It doesn't actually "burn". Light is produced by excitation/ionization as I explained above. It's a bit more complicated than I said, but that is the basic outline of the process.

If you want some more in depth reading on the subject, here are a few good links:

Mass Loss Due to Sputtering and Thermal Processes in Meteoroid Ablation
Ablation
Atmospheric fragmentation of meteoroids
The photographed colours of Leonid meteors

Originally posted by intrptr
How can it heat so fast to flash white light temperatures? Notice how it pulses? Like, goes bright...goes dim... goes brighter...goes dim... goes BRIGHTEST... burns out.

That is due mainly to the meteoroid disintegrating - when it breaks up, new surfaces are exposed to ablation. Because of the increased surface area, more ions are produced, and therefore we see a spike in the brightness.

Many meteoroids are composed of surprisingly fragile material, so they very easily break up due to the extreme forces involved with entering the atmosphere at hypersonic-speeds.

Also, as a meteoroid progresses deeper/lower into the atmosphere the density of air molecules increases dramatically, so more collisions are occurring, and more light is being produced overall.

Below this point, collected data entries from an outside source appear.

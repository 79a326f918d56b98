-- ===== src/Command/Tasks/Slots.antt =====
-- The slots of the channel and the entries of the map belong to the goroutines that hold them.
use x_sticker_bot.Base.{
  ℕ, ◌+◌, ◌≤◌, ◌≡◌, refl, sym, inl, inr, Bool, true, false, some, List, [], ◌∷◌, map, arith, ◌==◌,
  if◌then◌else◌, is_some, get_elem?, sum_by, sum_by-set, lookup, nat_eq, lookup-insert,
  lookup-erase, Option-cases,
}
use x_sticker_bot.Command.Tasks.{
  Phase, arrived, user_busy, claimed, backing_out, server_busy, running, leaving, releasing,
  finished, Thread, System, goto, act, step, run, start,
}

-- 1 for a goroutine with an element of its own in GlobalSem.
abbrev pub slot : Thread → ℕ
slot th = elim th.phase [ running ↦ 1 | leaving ↦ 1 | releasing ↦ 1 | _ ↦ 0 ]

abbrev pub in_task : Phase → ℕ
in_task claimed = 1
in_task backing_out = 1
in_task running = 1
in_task leaving = 1
in_task _ = 0

-- 1 for a goroutine that holds the entry of user `u` in userTasks.
abbrev pub claim : ℕ → Thread → ℕ
claim u th = if th.uid == u then in_task th.phase else 0

abbrev pub present : Bool → ℕ
present true = 1
present false = 0

pub record Inv (s : System) : Type 0 where
  pub slots : s.sem ≡ sum_by slot s.threads
  pub within : s.sem ≤ s.capacity
  pub claims : (u : ℕ) → sum_by (claim u) s.threads ≡ present (is_some (lookup u s.user_tasks))

-- What changes when goroutine `i` of user `u` goes from one phase to another.
module _ (s : System) (i u : ℕ) (p : Phase)
    (at : get_elem? s.threads i ≡ some (record { uid = u; phase = p })) where
  slots-goto :
      (q : Phase)
      → sum_by slot (goto s i u q).threads + slot (record { uid = u; phase = p })
        ≡ sum_by slot s.threads + slot (record { uid = u; phase = q })
  slots-goto q = sum_by-set slot s.threads i _ _ at

  claims-goto :
      (q : Phase) (v : ℕ)
      → sum_by (claim v) (goto s i u q).threads + claim v (record { uid = u; phase = p })
        ≡ sum_by (claim v) s.threads + claim v (record { uid = u; phase = q })
  claims-goto q v = sum_by-set (claim v) s.threads i _ _ at

act-Inv :
    (p : Phase) (s : System) (i u : ℕ)
    → Inv s
    → get_elem? s.threads i ≡ some (record { uid = u; phase = p })
    → Inv (act p s i u)
unfolding act
act-Inv arrived s i u inv at = elim (Option-cases (lookup u s.user_tasks)) [
  | inl free ↦
      rw (free, act)
        (record {
          slots = omega (arith, slots-goto s i u arrived at claimed, inv.slots);
          within = inv.within;
          claims = λ v. ground (
            arith,
            inv.claims v,
            claims-goto s i u arrived at claimed v,
            lookup-insert u v true s.user_tasks,
          );
        })
  | inr (b, taken) ↦
      rw (taken, act)
        (record {
          slots = omega (arith, slots-goto s i u arrived at user_busy, inv.slots);
          within = inv.within;
          claims = λ v. ground (arith, inv.claims v, claims-goto s i u arrived at user_busy v);
        })
]
act-Inv claimed s i u inv at = record {
  slots = ground (
    arith,
    slots-goto s i u claimed at running,
    slots-goto s i u claimed at backing_out,
    inv.slots,
  );
  within = ground (arith, inv.within);
  claims = λ v. ground (
    arith,
    inv.claims v,
    claims-goto s i u claimed at running v,
    claims-goto s i u claimed at backing_out v,
  );
}
act-Inv backing_out s i u inv at = record {
  slots = ground (arith, slots-goto s i u backing_out at server_busy, inv.slots);
  within = inv.within;
  claims = λ v. ground (
    arith,
    inv.claims v,
    claims-goto s i u backing_out at server_busy v,
    lookup-erase u v s.user_tasks,
  );
}
act-Inv running s i u inv at = record {
  slots = ground (arith, slots-goto s i u running at leaving, inv.slots);
  within = inv.within;
  claims = λ v. ground (arith, inv.claims v, claims-goto s i u running at leaving v);
}
act-Inv leaving s i u inv at = record {
  slots = ground (arith, slots-goto s i u leaving at releasing, inv.slots);
  within = inv.within;
  claims = λ v. ground (
    arith,
    inv.claims v,
    claims-goto s i u leaving at releasing v,
    lookup-erase u v s.user_tasks,
  );
}
act-Inv releasing s i u inv at = record {
  slots = ground (arith, slots-goto s i u releasing at finished, inv.slots);
  within = ground (arith, inv.within);
  claims = λ v. ground (arith, inv.claims v, claims-goto s i u releasing at finished v);
}
act-Inv user_busy s i u inv at = inv
act-Inv server_busy s i u inv at = inv
act-Inv finished s i u inv at = inv

pub step-Inv : (s : System) (i : ℕ) → Inv s → Inv (step s i)
unfolding step
step-Inv s i inv = elim (Option-cases (get_elem? s.threads i)) [
  | inl out ↦ rw (out, step) inv
  | inr (th, at) ↦ rw (at, step) (act-Inv th.phase s i th.uid inv at)
]

pub run-Inv : (s : System) (is : List ℕ) → Inv s → Inv (run s is)
unfolding run
run-Inv s [] inv = inv
run-Inv s (i ∷ is) inv = run-Inv (step s i) is (step-Inv s i inv)

abbrev arrive : ℕ → Thread
arrive u = record { uid = u; phase = arrived }

no_slots : (uids : List ℕ) → sum_by slot (map arrive uids) ≡ 0
no_slots [] = refl
no_slots (u ∷ us) = omega (arith, no_slots us)

no_claims : (v : ℕ) (uids : List ℕ) → sum_by (claim v) (map arrive uids) ≡ 0
no_claims v [] = refl
no_claims v (u ∷ us) = ground (arith, no_claims v us)

pub start-Inv : (uids : List ℕ) → Inv (start uids)
unfolding start lookup
start-Inv uids = record {
  slots = sym (no_slots uids);
  within = omega arith;
  claims = λ u. no_claims u uids;
}
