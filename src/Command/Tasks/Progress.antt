-- ===== src/Command/Tasks/Progress.antt =====
-- What the slots guarantee for every schedule of the goroutines: limits and cleanup.
use x_sticker_bot.Base.{
  ℕ, zero, suc, ◌+◌, ◌≤◌, ◌≡◌, ◌≢◌, refl, sym, ◌∙◌, Bool, true, false, Option, none, some, List, [],
  ◌∷◌, arith, is_some, get_elem?, sum_by, count_if, All, lookup, nat_eq,
}
use x_sticker_bot.Command.Tasks.{
  Phase, arrived, user_busy, server_busy, running, finished, Thread, System, act, step, run, start,
  active_tasks, max_global_tasks,
}
use x_sticker_bot.Command.Tasks.Slots.{slot, in_task, claim, present, run-Inv, start-Inv}

abbrev pub is_running : Thread → Bool
is_running th = elim th.phase [ running ↦ true | _ ↦ false ]

running-le-slot :
    (p : Phase) (u : ℕ)
    → count_if is_running (record { uid = u; phase = p } ∷ [])
      ≤ slot (record { uid = u; phase = p })
running-le-slot running u = omega arith
running-le-slot p u = omega arith

count_running-le : (ths : List Thread) → count_if is_running ths ≤ sum_by slot ths
count_running-le [] = omega arith
count_running-le (th ∷ ths) = ground (arith, running-le-slot th.phase th.uid, count_running-le ths)

capacity-act : (p : Phase) (s : System) (i u : ℕ) → (act p s i u).capacity ≡ s.capacity
unfolding act
capacity-act arrived s i u = ground arith
capacity-act p s i u = ground arith

capacity-run : (s : System) (is : List ℕ) → (run s is).capacity ≡ s.capacity
unfolding run step
capacity-run s [] = refl
capacity-run s (i ∷ is) = capacity-run (step s i) is ∙ one (get_elem? s.threads i) refl
  where
    one : (o : Option Thread) → get_elem? s.threads i ≡ o → (step s i).capacity ≡ s.capacity
    one none e = rw (e, step)
    one (some th) e = rw (e, step) (capacity-act th.phase s i th.uid)

-- Whatever users send updates and however their goroutines are scheduled, at most 20 tasks run at
-- once, and the dashboard's active count is at least the number running and at most its capacity,
-- 20.
pub running_bounded :
    (uids is : List ℕ)
    → let s = run (start uids) is in
      (count_if is_running s.threads ≤ max_global_tasks)
      × (count_if is_running s.threads ≤ (active_tasks s).0)
      × ((active_tasks s).0 ≤ (active_tasks s).1)
      × ((active_tasks s).1 ≡ max_global_tasks)
unfolding active_tasks start
running_bounded uids is =
    let s = run (start uids) is in
    let inv = run-Inv (start uids) is (start-Inv uids) in
    let cap = capacity-run (start uids) is in
    let le = count_running-le s.threads in
    (omega (arith, inv.slots, inv.within, cap, le), omega (arith, inv.slots, le), inv.within, cap)

pub sum_by-one {ℓ} :
    {A : Type ℓ} (f : A → ℕ) (xs : List A) (i : ℕ) (x : A)
    → get_elem? xs i ≡ some x
    → f x ≤ sum_by f xs
sum_by-one f [] i x e = cc
sum_by-one f (z ∷ xs) zero x e = ground arith
sum_by-one f (z ∷ xs) (suc i) x e = omega (arith, sum_by-one f xs i x e)

sum_by-two {ℓ} :
    {A : Type ℓ} (f : A → ℕ) (xs : List A) (i j : ℕ) (x y : A)
    → i ≢ j
    → get_elem? xs i ≡ some x
    → get_elem? xs j ≡ some y
    → f x + f y ≤ sum_by f xs
sum_by-two f [] i j x y ne ei ej = cc
sum_by-two f (z ∷ xs) zero zero x y ne ei ej = absurd (ne refl)
sum_by-two f (z ∷ xs) zero (suc j) x y ne ei ej = ground (arith, sum_by-one f xs j y ej)
sum_by-two f (z ∷ xs) (suc i) zero x y ne ei ej = ground (arith, sum_by-one f xs i x ei)
sum_by-two f (z ∷ xs) (suc i) (suc j) x y ne ei ej =
    omega (arith, sum_by-two f xs i j x y (λ e. ne (omega arith)) ei ej)

-- Two different goroutines of one user are never both between the claim of the user's entry and
-- its deletion; so no user has two tasks running.
pub one_task_per_user :
    (uids is : List ℕ) (i j : ℕ) (a b : Thread)
    → i ≢ j
    → get_elem? (run (start uids) is).threads i ≡ some a
    → get_elem? (run (start uids) is).threads j ≡ some b
    → a.uid ≡ b.uid
    → in_task a.phase + in_task b.phase ≤ 1
one_task_per_user uids is i j a b ne ea eb same =
    let s = run (start uids) is in
    let inv = run-Inv (start uids) is (start-Inv uids) in
    ground (arith, inv.claims a.uid, sum_by-two (claim a.uid) s.threads i j a b ne ea eb)

-- Whether tryRunTask has returned.
abbrev pub returned : Phase → Bool
returned user_busy = true
returned server_busy = true
returned finished = true
returned _ = false

returned-slot : (u : ℕ) (p : Phase) → returned p ≡ true → slot (record { uid = u; phase = p }) ≡ 0
returned-slot u arrived h = ground arith
returned-slot u p h = ground arith

returned-claim :
    (v u : ℕ) (p : Phase) → returned p ≡ true → claim v (record { uid = u; phase = p }) ≡ 0
returned-claim v u arrived h = ground arith
returned-claim v u p h = ground arith

sum_by-zero {ℓ} :
    {A : Type ℓ} (P : A → Type 0) (f : A → ℕ) (xs : List A)
    → ((a : A) → P a → f a ≡ 0)
    → All P xs
    → sum_by f xs ≡ 0
sum_by-zero P f [] z h = refl
sum_by-zero P f (x ∷ xs) z h = omega (arith, z x h.0, sum_by-zero P f xs z h.1)

-- When every goroutine has returned, every slot is free again and no user is marked as busy.
pub run_releases :
    (uids is : List ℕ)
    → All (λ th. returned th.phase ≡ true) (run (start uids) is).threads
    → ((run (start uids) is).sem ≡ 0) × ((u : ℕ) → lookup u (run (start uids) is).user_tasks ≡ none)
run_releases uids is done =
    let s = run (start uids) is in
    let inv = run-Inv (start uids) is (start-Inv uids) in
    (
      omega (
        arith,
        inv.slots,
        sum_by-zero (λ th. returned th.phase ≡ true) slot s.threads
            (λ th. returned-slot th.uid th.phase) done,
      ),
      λ u. free u (lookup u s.user_tasks) (
          sym (inv.claims u)
          ∙ sum_by-zero (λ th. returned th.phase ≡ true) (claim u) s.threads
              (λ th. returned-claim u th.uid th.phase) done),
    )
  where
    free : (u : ℕ) (o : Option Bool) → present (is_some o) ≡ 0 → o ≡ none
    free u none e = refl
    free u (some b) e = absurd (omega arith)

Originally posted by intrptr
If ever a case was to be made for a Tunguska event it would maybe be one of these, just bigger? And a longer track in the atmosphere?

Certainly, some of the effects we see in a bolide like this give clues to how a much larger object like that which hit Tunguska in 1908 would have behaved. Many factors effect how a meteoroid or an asteroid behaves when it enters the atmosphere, including size, velocity, composition, and angle of entry. Changing just one of these variables may dramatically change how an object behaves in the atmosphere.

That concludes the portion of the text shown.